-- ===== src/Args/Tests.antt =====
-- The arguments of a log statement at concrete values.
use static_logger.Prelude.{
  ℕ, ◌+◌, ◌-◌, ◌%◌, ◌^◌, false, List, [], ◌∷◌, length, some, ◌≡◌, refl, arith,
}
use static_logger.Prelude.Bytes.{le_bytes}
use static_logger.Format.Types.{
  ParamType, non_string, dynamic_precision, string_with_dynamic_precision, string, value, is_string,
}
use static_logger.Args.{
  Arg, integer, text, as_uint64, string_size_of, scalar_size, get_arg_size, get_arg_sizes, Cursor,
  put, stored, store_arguments,
}
use static_logger.Args.Sizes.{get_arg_size-static_precision}
use static_logger.Args.Layout.{payloads, store_arguments-payloads}

-- "hello"
abbrev hello : List ℕ
hello = b'h' ∷ b'e' ∷ b'l' ∷ b'l' ∷ b'o' ∷ []

-- The arguments of "%d %.*s".
abbrev sample_types : List ParamType
sample_types = non_string ∷ dynamic_precision ∷ string_with_dynamic_precision ∷ []

abbrev sample : List Arg
sample = integer 4 false 258 ∷ integer 4 false 2 ∷ text 4096 hello ∷ []

abbrev start : Cursor
start = record { memory = λ _. 0; position = 32 }

sample_sizes :
    get_arg_sizes sample_types (2 ^ 64 - 1) (0 ∷ 0 ∷ 0 ∷ 0 ∷ []) sample
    ≡ some (14, 4 ∷ 4 ∷ 2 ∷ 0 ∷ [])
unfolding get_arg_sizes get_arg_size scalar_size string_size_of is_string value as_uint64
sample_sizes = refl

payloads-sample :
    payloads sample_types (4 ∷ 4 ∷ 2 ∷ 0 ∷ []) sample
    ≡ 2 ∷ 1 ∷ 0 ∷ 0 ∷ 2 ∷ 0 ∷ 0 ∷ 0 ∷ 2 ∷ 0 ∷ 0 ∷ 0 ∷ b'h' ∷ b'e' ∷ []
unfolding is_string value le_bytes
payloads-sample = refl

store_arguments-payloads_example :
    (store_arguments sample_types (4 ∷ 4 ∷ 2 ∷ 0 ∷ []) sample start
      ≡ stored (put (payloads sample_types (4 ∷ 4 ∷ 2 ∷ 0 ∷ []) sample) start))
    × (14 ≡ length (payloads sample_types (4 ∷ 4 ∷ 2 ∷ 0 ∷ []) sample) % 2 ^ 64)
store_arguments-payloads_example =
    store_arguments-payloads sample sample_types (2 ^ 64 - 1) (0 ∷ 0 ∷ 0 ∷ 0 ∷ [])
      (4 ∷ 4 ∷ 2 ∷ 0 ∷ []) 14 start (omega arith) sample_sizes

-- "%.2s" with "hello" reserves all five characters.
get_arg_size-static_precision_example :
    get_arg_size (string 2) 0 0 (text 4096 hello)
    ≡ record { size = 5 + 4; previous_precision = 0; string_size = 5 }
get_arg_size-static_precision_example = get_arg_size-static_precision 2 0 0 4096 hello (omega arith)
=======
**What is required**
Show all lines in the records above that hold "arith".

**Answer**
  ℕ, ◌+◌, ◌-◌, ◌%◌, ◌^◌, false, List, [], ◌∷◌, length, some, ◌≡◌, refl, arith,
      (4 ∷ 4 ∷ 2 ∷ 0 ∷ []) 14 start (omega arith) sample_sizes
get_arg_size-static_precision_example = get_arg_size-static_precision 2 0 0 4096 hello (omega arith)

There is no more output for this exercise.